Only about 18% of mothers had started complementary feeding at recommended age of the children. 72.6% of the respondents had started complementary feeding before the recommended age of six months. 3% had started delayed complementary feeding i.e. at more than six months of age. 6.5% of the respondents had not started complementary feeding to their children (i.e. the age of their children was less than 6 months). Around 56.3% mothers were giving homemade food to their children, 19.5% were giving commercially prepared food and 24.2% were giving both types of food. Most of 57.2% of the mothers were giving more than 3 meals per day and 13.5% were giving one meal per day.

4. Discussion

The study results revealed that in Pakistan, contrary to health guidelines, the practice of feeding children with solid or semi solid food starts quite early in life [11]. A large percentage of children i.e. about 72.6%children were receiving complementary feed below age of 6 months. Only 18% children were given solid food at the recommended. However there was a minor fraction of children 3% who received solid food at greater than 6 months of age.

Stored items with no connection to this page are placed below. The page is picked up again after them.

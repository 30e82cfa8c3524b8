-- ===== src/Accounts/Rows.antt =====
-- The rows of the users: `_to_model` and `_to_entity` of user_repository.py.
pub mod Again
use text.Mathlib.Text.{◌==◌ as str_eq}
use venue_backend.Common.{ℕ, ◌==◌, String, Bool, Option, none, some, if◌then◌else◌}
use venue_backend.Shared.Time.{DateTime}
use venue_backend.Shared.Text.{size, is_blank}
use venue_backend.Shared.Phone.{BrazilianPhone}
use venue_backend.Bookings.{Role, admin, owner, customer}
use venue_backend.Accounts.User.{User}

pub record UserRow : Type 0 where
  pub id : ℕ
  pub email : String
  pub password_hash : String
  pub role : String
  pub full_name : String
  pub phone_number : Option String
  pub public_slug : Option String
  pub is_active : Bool
  pub created_at : DateTime
  pub updated_at : DateTime

-- The `.value` of a role, and `Role(...)`.
abbrev pub role_value : Role → String
role_value admin = "admin"
role_value owner = "owner"
role_value customer = "customer"

abbrev pub role_at : String → Option Role
role_at s =
    if str_eq s "admin"
    then some admin
    else if str_eq s "owner"
    then some owner
    else if str_eq s "customer"
    then some customer
    else none

abbrev pub phone_number_of : Option BrazilianPhone → Option String
phone_number_of none = none
phone_number_of (some phone) = some phone.content

-- `_to_model`
unfoldable pub to_user_row : User → UserRow
to_user_row u = record {
  id = u.id;
  email = u.email;
  password_hash = u.password_hash;
  role = role_value u.role;
  full_name = u.full_name;
  phone_number = phone_number_of u.phone;
  public_slug = u.public_slug;
  is_active = u.is_active;
  created_at = u.created_at;
  updated_at = u.updated_at;
}

-- `if row.phone_number:`, and `is_mobile=len(row.phone_number) == 14`
abbrev pub phone_of : Option String → Option BrazilianPhone
phone_of none = none
phone_of (some s) =
    if is_blank s then none else some (record { content = s; is_mobile = size s == 14 })

-- `if row.public_slug:`
abbrev pub slug_of : Option String → Option String
slug_of none = none
slug_of (some s) = if is_blank s then none else some s

abbrev pub user_at : UserRow → Option Role → Option User
user_at row none = none
user_at row (some role) = some (record {
  id = row.id;
  email = row.email;
  password_hash = row.password_hash;
  role = role;
  full_name = row.full_name;
  phone = phone_of row.phone_number;
  is_active = row.is_active;
  public_slug = slug_of row.public_slug;
  created_at = row.created_at;
  updated_at = row.updated_at;
})

-- `_to_entity`; `none` is the exception of a role that is none.
unfoldable pub of_user_row : UserRow → Option User
of_user_row row = user_at row (role_at row.role)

Lack of knowledge about exact time of starting complementary feeding was the main reason for suboptimal feeding practices [12].About 82.6% of those respondents who were practicing early complementary feeding didn’t know when to start complementary feeding. Majority of these mothers were illiterate and they were having little knowledge about importance of complementary food and its impact on the child’s health. . Other reasons included were mother’s perception that breast milk is insufficient for children about 3.6% mothers said their sickness led them to start early complementary feeding. Approximately 3% of mothers who started delayed feeding tried to justify that breast milk was enough for their babies. Other reasons stated by mothers for delayed complementary feeding were lack of knowledge about time of initiation of weaning (28.6%), instructions from family members (14.3%) and feeling of mothers that their children were not able to digest food other than breast-milk. Tabish et al also showed similar results; prevalence of suboptimal feeding practices is quite high among Pakistani mothers and there is need to develop interventions to control these alarming rates [13]. Asimilar study conducted by Shirely et al revealed that education level of mothers’effect time of introduction of complementary food. Shirley et al stated that educated mothers had more knowledge about significance of complementary food and they had better weaning practices compared to uneducated mothers. Another study conducted by Ali et al revealed there was significant improvement in complementary feeding practices among mothers after providing them health education.

Infant mortality rate and child mortality rate associated with the use of inappropriate complementary feeding practices are already high in Pakistan and there is need to resolve this issue on priority basis. Otherwise situation may get worse thus making it impossible for Pakistan to achieve it MDG 4 and 5.

5. Conclusion

The high level of noncompliance with the health guidelines could conclude that lack of knowledge about complementary feeding is one of the main reasons for poor feeding practices. There is need to improve the health knowledge of mothers regarding the duration of exclusive breast feeding and time of initiation of complementary feeding. Health professional should be trained to properly counsel the mothers about frequency and adequacy of complementary food.